Because they are not too strong, they will NOT put you into a hazy stupor. And they will NOT take away all the pain. So you will still feel a bit depressed. But you will be able to think much more clearly. For a guy who is contemplating suicide, this added clarity can make the difference between life and death. Make no mistake about it, ScrewedUp, depression can be deadly.


----------



## Screwedup (Apr 14, 2012)

Thanks for your comment Uptown, I still dont know if I can do the meds though. Fear of failure or something going wrong and injuring instead of killing is still keeping the feeling in check for now. I have done a test though and I can feel that unconciousness would come quickly. A continued lack of oxygen after this to the brain would do the work and free me.
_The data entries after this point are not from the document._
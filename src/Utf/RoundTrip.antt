-- ===== src/Utf/RoundTrip.antt =====
-- c/print.c: one character through `_yrt_to_utf8` and `_yrt_to_utf32`.
use Prim.Native.Nat.{bit_and, bit_or}
use yruntime.Base.{
  ℕ, ◌+◌, ◌*◌, ◌/◌, ◌%◌, ◌^◌, ◌≤◌, ◌<◌, ◌≡◌, refl, ap, ◌∙◌, true, List, [], ◌∷◌, ◌++◌, none, some,
  ◌==◌, ==_iff, length, arith,
}
use yruntime.Base.Bits.{
  bit_and_7, bit_and_15, bit_and_31, bit_and_63, bit_and_127, bit_or_high, all_below, all_below_lem,
  zero-bit_or,
}
use mathlib.Core.List.{reverse}
use native.Mathlib.Nat.{zero-add}
use native.Mathlib.Decide.{dec_lt}
use yruntime.Utf.Code.{to_utf8, utf8_codepoint_size, decode_sized, to_utf32, join}

abbrev tail_byte : ℕ → ℕ
tail_byte x = 128 + x % 64

tail : (x : ℕ) → bit_or 0x80 (bit_and x 0x3F) ≡ tail_byte x
tail x = omega (arith, bit_and_63 x, bit_or_high 6 2 (bit_and x 0x3F) (omega (arith, bit_and_63 x)))

lead_2 : (x : ℕ) → bit_or 0xC0 (bit_and x 0x1F) ≡ 192 + x % 32
lead_2 x =
    omega (arith, bit_and_31 x, bit_or_high 5 6 (bit_and x 0x1F) (omega (arith, bit_and_31 x)))

lead_3 : (x : ℕ) → bit_or 0xE0 (bit_and x 0xF) ≡ 224 + x % 16
lead_3 x =
    omega (arith, bit_and_15 x, bit_or_high 4 14 (bit_and x 0xF) (omega (arith, bit_and_15 x)))

lead_4 : (x : ℕ) → bit_or 0xF0 (bit_and x 0x7) ≡ 240 + x % 8
lead_4 x = omega (arith, bit_and_7 x, bit_or_high 3 30 (bit_and x 0x7) (omega (arith, bit_and_7 x)))

-- UTF-8 in plain arithmetic, by the number of bytes.
pub to_utf8_one : (c : ℕ) → c < 128 → to_utf8 c ≡ c ∷ []
unfolding to_utf8
to_utf8_one c h = ground (arith, bit_and_127 c)

pub to_utf8_two : (c : ℕ) → 128 ≤ c → c < 2048 → to_utf8 c ≡ (192 + c / 64) ∷ (128 + c % 64) ∷ []
unfolding to_utf8
to_utf8_two c h k = ground (arith, lead_2 (c / 64), tail c)

pub to_utf8_three :
    (c : ℕ)
    → 2048 ≤ c
    → c < 65536
    → to_utf8 c ≡ (224 + c / 4096) ∷ (128 + c / 64 % 64) ∷ (128 + c % 64) ∷ []
unfolding to_utf8
to_utf8_three c h k = ground (arith, lead_3 (c / 64 / 64), tail (c / 64), tail c)

pub to_utf8_four :
    (c : ℕ)
    → 65536 ≤ c
    → c ≤ 0x10FFFF
    → to_utf8 c
      ≡ (240 + c / 262144) ∷ (128 + c / 4096 % 64) ∷ (128 + c / 64 % 64) ∷ (128 + c % 64) ∷ []
unfolding to_utf8
to_utf8_four c h k =
    ground (arith, lead_4 (c / 64 / 64 / 64), tail (c / 64 / 64), tail (c / 64), tail c)

abbrev pub HasSize : ℕ → ℕ → ℕ → Type 0
HasSize start count size = all_below (λ x. utf8_codepoint_size (start + x) == size) count ≡ true

pub size_one : HasSize 0 128 1
unfolding all_below utf8_codepoint_size
size_one = refl

pub size_two : HasSize 192 32 2
unfolding all_below utf8_codepoint_size
size_two = refl

pub size_three : HasSize 224 16 3
unfolding all_below utf8_codepoint_size
size_three = refl

pub size_four : HasSize 240 8 4
unfolding all_below utf8_codepoint_size
size_four = refl

pub size_at :
    (start count size x : ℕ)
    → HasSize start count size
    → x < count
    → utf8_codepoint_size (start + x) ≡ size
size_at start count size x t h = (==_iff _ size).0 (all_below_lem _ count x h t)

-- The fields of the four bytes add up.
join_lem :
    (a b c d : ℕ) → b < 64 → c < 64 → d < 64 → join a b c d ≡ a * 262144 + b * 4096 + c * 64 + d
join_lem a b c d hb hc hd =
    let top : bit_or (a * 2 ^ 18) (b * 2 ^ 12) ≡ (a * 64 + b) * 2 ^ 12 =
      omega (arith, bit_or_high 18 a (b * 2 ^ 12) (omega arith)) in
    let mid : bit_or ((a * 64 + b) * 2 ^ 12) (c * 2 ^ 6) ≡ (a * 4096 + b * 64 + c) * 2 ^ 6 =
      omega (arith, bit_or_high 12 (a * 64 + b) (c * 2 ^ 6) (omega arith)) in
    rw (top, mid) (omega (arith, bit_or_high 6 (a * 4096 + b * 64 + c) d (omega arith)))

-- A text is read by the row of its first byte, and by the last six bits of the bytes behind it.
pub read_one : (x : ℕ) (rest : List ℕ) → x < 128 → to_utf32 (x ∷ rest) ≡ some (x, 1)
unfolding to_utf32 decode_sized
read_one x rest h =
    let size : utf8_codepoint_size x ≡ 1 = rw zero-add at (size_at 0 128 1 x size_one h) in
    rw size (ground (arith, bit_and_127 x, zero-bit_or (bit_and x 127)))

pub read_two :
    (x y : ℕ) (rest : List ℕ) → x < 32 → to_utf32 ((192 + x) ∷ y ∷ rest) ≡ some (x * 64 + y % 64, 2)
unfolding to_utf32 decode_sized
read_two x y rest h =
    rw (size_at 192 32 2 x size_two h)
      (ground (arith, bit_and_31 (192 + x), bit_and_63 y, join_lem 0 0 x (y % 64)))

pub read_three :
    (x y z : ℕ) (rest : List ℕ)
    → x < 16
    → to_utf32 ((224 + x) ∷ y ∷ z ∷ rest) ≡ some (x * 4096 + y % 64 * 64 + z % 64, 3)
unfolding to_utf32 decode_sized
read_three x y z rest h = rw (size_at 224 16 3 x size_three h) (
    ground
      (arith, bit_and_15 (224 + x), bit_and_63 y, bit_and_63 z, join_lem 0 x (y % 64) (z % 64)))

pub read_four :
    (x y z w : ℕ) (rest : List ℕ)
    → x < 8
    → to_utf32 ((240 + x) ∷ y ∷ z ∷ w ∷ rest)
      ≡ some (x * 262144 + y % 64 * 4096 + z % 64 * 64 + w % 64, 4)
unfolding to_utf32 decode_sized
read_four x y z w rest h = rw (size_at 240 8 4 x size_four h) (
    ground (
      arith,
      bit_and_7 (240 + x),
      bit_and_63 y,
      bit_and_63 z,
      bit_and_63 w,
      join_lem x (y % 64) (z % 64) (w % 64),
    ))

-- For every code point up to 0x10FFFF, `_yrt_to_utf32` at the bytes that `_yrt_to_utf8` wrote,
-- whatever follows them, returns that code point and the number of those bytes.
pub to_utf32-to_utf8 :
    (c : ℕ) (rest : List ℕ)
    → c ≤ 0x10FFFF
    → to_utf32 (to_utf8 c ++ rest) ≡ some (c, length (to_utf8 c))
to_utf32-to_utf8 c rest h = elim (dec_lt c 128) [
  | yes p ↦ rw (to_utf8_one c p) (read_one c rest p)
  | no p ↦ elim (dec_lt c 2048) [
    | yes q ↦
        rw (to_utf8_two c (omega arith) q) (
          read_two (c / 64) (128 + c % 64) rest (omega arith) ∙ ap (λ t. some (t, 2)) (omega arith))
    | no q ↦ elim (dec_lt c 65536) [
      | yes r ↦ rw (to_utf8_three c (omega arith) r) (
          read_three (c / 4096) (128 + c / 64 % 64) (128 + c % 64) rest (omega arith)
          ∙ ap (λ t. some (t, 3)) (omega arith))
      | no r ↦ rw (to_utf8_four c (omega arith) h) (
          read_four (c / 262144) (128 + c / 4096 % 64) (128 + c / 64 % 64) (128 + c % 64) rest
            (omega arith)
          ∙ ap (λ t. some (t, 4)) (omega arith))
    ]
  ]
]

-- Above 0x10FFFF the three bytes are those of the replacement character U+FFFD in the reverse
-- order, and `_yrt_to_utf32` on them reads a fourth byte, which is past the end of the text.
to_utf8_replacement :
    (c : ℕ) → 0x10FFFF < c → (to_utf8 c ≡ reverse (to_utf8 0xFFFD)) × (to_utf32 (to_utf8 c) ≡ none)
unfolding to_utf8 to_utf32 decode_sized utf8_codepoint_size
to_utf8_replacement c h = ground arith

-- A character takes one to four bytes.
pub length-to_utf8 : (c : ℕ) → (1 ≤ length (to_utf8 c)) × (length (to_utf8 c) ≤ 4)
unfolding to_utf8
length-to_utf8 c = ground arith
I have reached out to a few more friends. I realise that although I was mentally tough during the recovery period after my first suicide attempt that there is no way I will survive this one on my own. I am thinking about her every waking moment. Nothing can distract me from reliving my failures and last night I felt as if my mind was about to explode. I went out last night to ease the burden a little. I met some new friends and kind of enjoyed myself although I kept slipping into little "zoneouts". It was kind of a geeks evening, playing a card game and we have decided to keep the meetings going every week in the pub so hopefully this will be successful and a small something to look forward to.

When I returned home things went back to crazy land. Looked through some photos which sent me off again and couldn't sleep for thinking about it. My head started physically hurting at one point. I started doing deep breathes and kept repeating calm down to try and settle my panic. Kind of helped a little.

There is no doubt that depression is deadly. I know. When I travelled downcountry to a beautiful town by the sea and booked a room to kill myself in, that was the moment I realised that everytime I passed someone by and saw sadness in their face, there was a chance that they to could have been depressed and thinking like me and that is a sad thought indeed.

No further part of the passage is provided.